In 1903, the family moved to Germany where Robert Bright's father attended the University of Göttingen to study mathematics. Robert Bright attended the Vorschule and the Oberrealschule and spoke English only at home. In 1914, at the onset of World War I, Bright and his mother and brother were vacationing in England but Bright's father, Edward, was still in Germany where he was helping students to flee the country. He was arrested as an English spy and was incarcerated in a basement room opposite the Göttingen City Hall for nine months.

At the end of Edward Bright's incarceration in Germany, the family returned to the United States where Robert Bright attended grammar school at Buckingham Browne & Nichols and Phillips Academy Andover. After graduating in 1921, Bright attended Princeton University and graduated in 1925. There he majored in English and won a competition to the Princeton Press Club which allowed him to write columns for various city newspapers including the New York World, The Baltimore Sun, The Philadelphia Ledger, The Boston Transcript and The Standard News Association.

In January 1926, Bright moved to Paris and joined the staff of The Paris Times, an independent newspaper. He worked with the editor, Gaston Archambault, who later served The New York Times as a distinguished war correspondent. In 1927, Bright returned to New York City where he worked for Conde Nast Publications. He then worked in advertising for Revillon Freres, a French Fur house established in 1723.
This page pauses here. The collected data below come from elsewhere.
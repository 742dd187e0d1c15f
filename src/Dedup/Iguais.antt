-- ===== src/Dedup/Iguais.antt =====
-- The contents of the files of a group of `etapa_dedup` in bench/perfil_dataset.py.
use engine_motor.Prelude.{
  ℕ, ◌≡◌, sym, ap, ◌∙◌, inl, inr, Bool, true, false, Option, List, [], ◌∷◌, length, All, leb, ◌==◌,
}
use engine_motor.Colecoes.{ordenar, agrupar}
use engine_motor.Colecoes.Laws.{All-ordenar, agrupar-All}
use engine_motor.Dedup.{
  Item, Grupo, Ambiente, entrada_amostra, entrada_completa, elegiveis, candidatos, com_hash,
  tarefa_hash_amostra, tarefa_hash_completo, igual_chave, passo_amostra, passo_completo,
  primeiro_id, etapa_dedup,
}
use engine_motor.Dedup.Leitura.{entrada_completa_inj, entrada_amostra_inj}
use engine_motor.Dedup.Grupos.{
  OfSome, com_hash-All, Amostrado, Lido, tarefa_hash_amostra-All, tarefa_hash_completo-All, Pequeno,
  Grande, IsEvident, chave_amostra, chave_completo, igual_chave-sound, separar-All,
  fechar_grupos-All,
}

-- The documented behaviour of what the stage calls: `==` on digests, digests without collisions,
-- a pool that delivers what the tasks returned, and files that did not change since the scan.
pub record IsSound {H : Type 0} (e : Ambiente H) : Type 1 where
  pub sound : (h k : H) → e.igual_h h k ≡ true → h ≡ k
  pub curto_inj : (x y : List ℕ) → e.curto x ≡ e.curto y → x ≡ y
  pub longo_inj : (x y : List ℕ) → e.longo x ≡ e.longo y → x ≡ y
  pub delivers_amostra :
      (P : Item × Option (H × Bool) → Type 0) (xs : List (Item × Option (H × Bool)))
      → All P xs
      → All P (e.entrega_amostra xs)
  pub delivers_completo :
      (P : Item × Option H → Type 0) (xs : List (Item × Option H))
      → All P xs
      → All P (e.entrega_completo xs)
  pub stable : (a : Item) (b : List ℕ) → e.abrir a ≡ inr b → length b ≡ a.tam

module _ {H : Type 0} (e : Ambiente H) where
  abbrev pub SameContent : Grupo H → Type 0
  SameContent g = All (λ x. All (λ y. e.abrir x ≡ e.abrir y) g.ids) g.ids

All-map {ℓ κ μ} :
    {A : Type ℓ} {P : A → Type κ} {Q : A → Type μ}
    → ((x : A) → P x → Q x)
    → (xs : List A) → All P xs
    → All Q xs
All-map f [] h = tt
All-map f (x ∷ xs) h = (f x h.0, All-map f xs h.1)

module _ {H : Type 0} (e : Ambiente H) (s : IsSound e) where
  passo_amostra-All : (cand : List Item) → All (IsEvident e) (passo_amostra e cand).0
  unfolding passo_amostra
  passo_amostra-All cand =
      let res = com_hash (e.entrega_amostra (tarefa_hash_amostra e cand)) in
      let antes = λ (x : Item × (H × Bool)) (y : Item × (H × Bool)). leb x.0.i y.0.i in
      let read = com_hash-All (Amostrado e) (e.entrega_amostra (tarefa_hash_amostra e cand)) (
        s.delivers_amostra (OfSome (Amostrado e)) (tarefa_hash_amostra e cand)
          (tarefa_hash_amostra-All e cand)) in
      separar-All e s.sound (agrupar (igual_chave e) (chave_amostra e) (ordenar antes res) [])
        ([], [])
        (agrupar-All (igual_chave e) (igual_chave-sound e s.sound) (chave_amostra e) (Amostrado e)
          (ordenar antes res) [] (All-ordenar antes (Amostrado e) res read) tt)
        tt

  passo_completo-All :
      (pend : List Item) (grupos : List (Grupo H))
      → All (IsEvident e) grupos
      → All (IsEvident e) (passo_completo e pend grupos)
  unfolding passo_completo
  passo_completo-All pend grupos ok =
      let res = com_hash (e.entrega_completo (tarefa_hash_completo e pend)) in
      let read = com_hash-All (Lido e) (e.entrega_completo (tarefa_hash_completo e pend)) (
        s.delivers_completo (OfSome (Lido e)) (tarefa_hash_completo e pend)
          (tarefa_hash_completo-All e pend)) in
      fechar_grupos-All e s.sound (agrupar (igual_chave e) (chave_completo e) res []) grupos
        (agrupar-All (igual_chave e) (igual_chave-sound e s.sound) (chave_completo e) (Lido e) res
          [] read tt)
        ok

  etapa_dedup-IsEvident :
      (hash_completo : Bool) (arquivos : List Item)
      → All (IsEvident e) (etapa_dedup e hash_completo arquivos)
  unfolding etapa_dedup
  etapa_dedup-IsEvident hash_completo arquivos = go hash_completo
    where
      antes : Grupo H → Grupo H → Bool
      antes f g = leb (primeiro_id f) (primeiro_id g)

      cand : List Item
      cand = candidatos (agrupar ◌==◌ (λ (a : Item). a.tam) (elegiveis arquivos) [])

      go : (b : Bool) → All (IsEvident e) (etapa_dedup e b arquivos)
      go true =
          All-ordenar antes (IsEvident e) (passo_completo e cand []) (passo_completo-All cand [] tt)
      go false =
          let (grupos, pend) = passo_amostra e cand in
          All-ordenar antes (IsEvident e) (passo_completo e pend grupos)
            (passo_completo-All pend grupos (passo_amostra-All cand))

  pequenos_same :
      (tam : ℕ) (h : H) (x y : Item) → Pequeno e tam h x → Pequeno e tam h y → e.abrir x ≡ e.abrir y
  pequenos_same tam h x y (tx, small, (b, ob, db)) (ty, small', (c, oc, dc)) =
      let same : b ≡ c =
        entrada_amostra_inj tam b c small (s.stable x b ob ∙ tx) (s.stable y c oc ∙ ty)
          (s.curto_inj (entrada_amostra tam b).0 (entrada_amostra tam c).0 (sym db ∙ dc)) in
      ob ∙ ap inr same ∙ sym oc

  grandes_same :
      (tam : ℕ) (h : H) (x y : Item) → Grande e tam h x → Grande e tam h y → e.abrir x ≡ e.abrir y
  grandes_same tam h x y (tx, (b, ob, db)) (ty, (c, oc, dc)) =
      let same : b ≡ c =
        entrada_completa_inj tam b c
          (s.longo_inj (entrada_completa tam b) (entrada_completa tam c) (sym db ∙ dc)) in
      ob ∙ ap inr same ∙ sym oc

  evident_same : (g : Grupo H) → IsEvident e g → SameContent e g
  evident_same g (inl small) =
      All-map (λ x px. All-map (λ y py. pequenos_same g.tam g.h x y px py) g.ids small) g.ids small
  evident_same g (inr large) =
      All-map (λ x px. All-map (λ y py. grandes_same g.tam g.h x y px py) g.ids large) g.ids large

  -- With digests that do not collide, a pool that delivers what the tasks returned, and files that
  -- have the size of the scan, any two files in one group of copies have the same content, in both
  -- modes and for each order of delivery.
  pub etapa_dedup-SameContent :
      (hash_completo : Bool) (arquivos : List Item)
      → All (SameContent e) (etapa_dedup e hash_completo arquivos)
  etapa_dedup-SameContent hash_completo arquivos =
      All-map evident_same (etapa_dedup e hash_completo arquivos)
        (etapa_dedup-IsEvident hash_completo arquivos)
At the urging of friend Frieda Lawrence, Bright moved with his wife, Katherine, and two young children to Taos, New Mexico in 1938. There, the Brights lived in a simple adobe house in Rio Chiquito on four acres of land where they grew their own food and raised chickens for eggs and meat. In New Mexico, the Brights became friends with many of the writers and painters who established a colony there in the 1930s, among them were W.H. Auden, Andrew Dasburg and Georgia O'Keeffe.

Life in New Mexico inspired Bright's second Novel The Life and Death of Little Jo published in England by Cresset Press which was very well received by reviewers and the public. Bright also began writing books for children. While the family was vacationing in Laguna Beach, California, Bright caught his children peering under their bed. As it turns out, they were looking for the little ghost that lived in the house. This moment was the inspiration for the Georgie The Ghost series of books, which has become a beloved classic worldwide. Bright's grandchildren have also inspired his books and appear as characters in Georgie's Christmas Carol.

Robert Bright died of cancer in his home in San Francisco, California in 1988.

==Books==
- The Travels of Ching - published 1943
- The Intruders - published 1943
- The Life and Death of Little Jo — published 1944
- Georgie — published 1944 (9 editions)
- The Olivers - published 1947
- Me and the Bears — published 1951
- Hurrah For Freddie! -published in 1953
- Miss Pattie -published in 1954
- I Like Red -published 1955
- Georgie to the Rescue — published 1956 (4 editions)
- The Friendly Bear — published 1957 (3 editions)
- Richard Brown and The Dragon -published 1957
- Georgie's Halloween — published 1958 (5 editions)
- Which is Willy? - published 1962
- Georgie and the Robbers — published 1963 (7 editions)
- Georgie and the Magician — published 1966 (3 editions)
- My Hopping Bunny — published 1967
- Gregory: the Noisiest and Strongest Boy in Grangers Grove — published 1969
- Georgie and the Noisy Ghost — published 1971 (3 editions)
- Georgie Goes West — published 1973 (2 editions)
- Georgie's Christmas Carol — published 1975 (2 editions)
- Georgie and the Buried Treasure - published 1979 (2 editions)
- Georgie and the Runaway Balloon — published 1983
- Georgie and the Ball of Yarn — published 1983
- Georgie and the Little Dog — published 1983
- Georgie and the Baby Birds — published 1983
- My Red Umbrella — published 1959 (2 editions)
- Slightly Scary Stories for Halloween (by Robert Bright, Edward Marshall, James Stevenson, Barbara K. Walker)— published 2007 — 2 editions

Georgie and Georgie to the Rescue became motion pictures issued by Weston Woods Studios and Sterling Educational Films, respectively.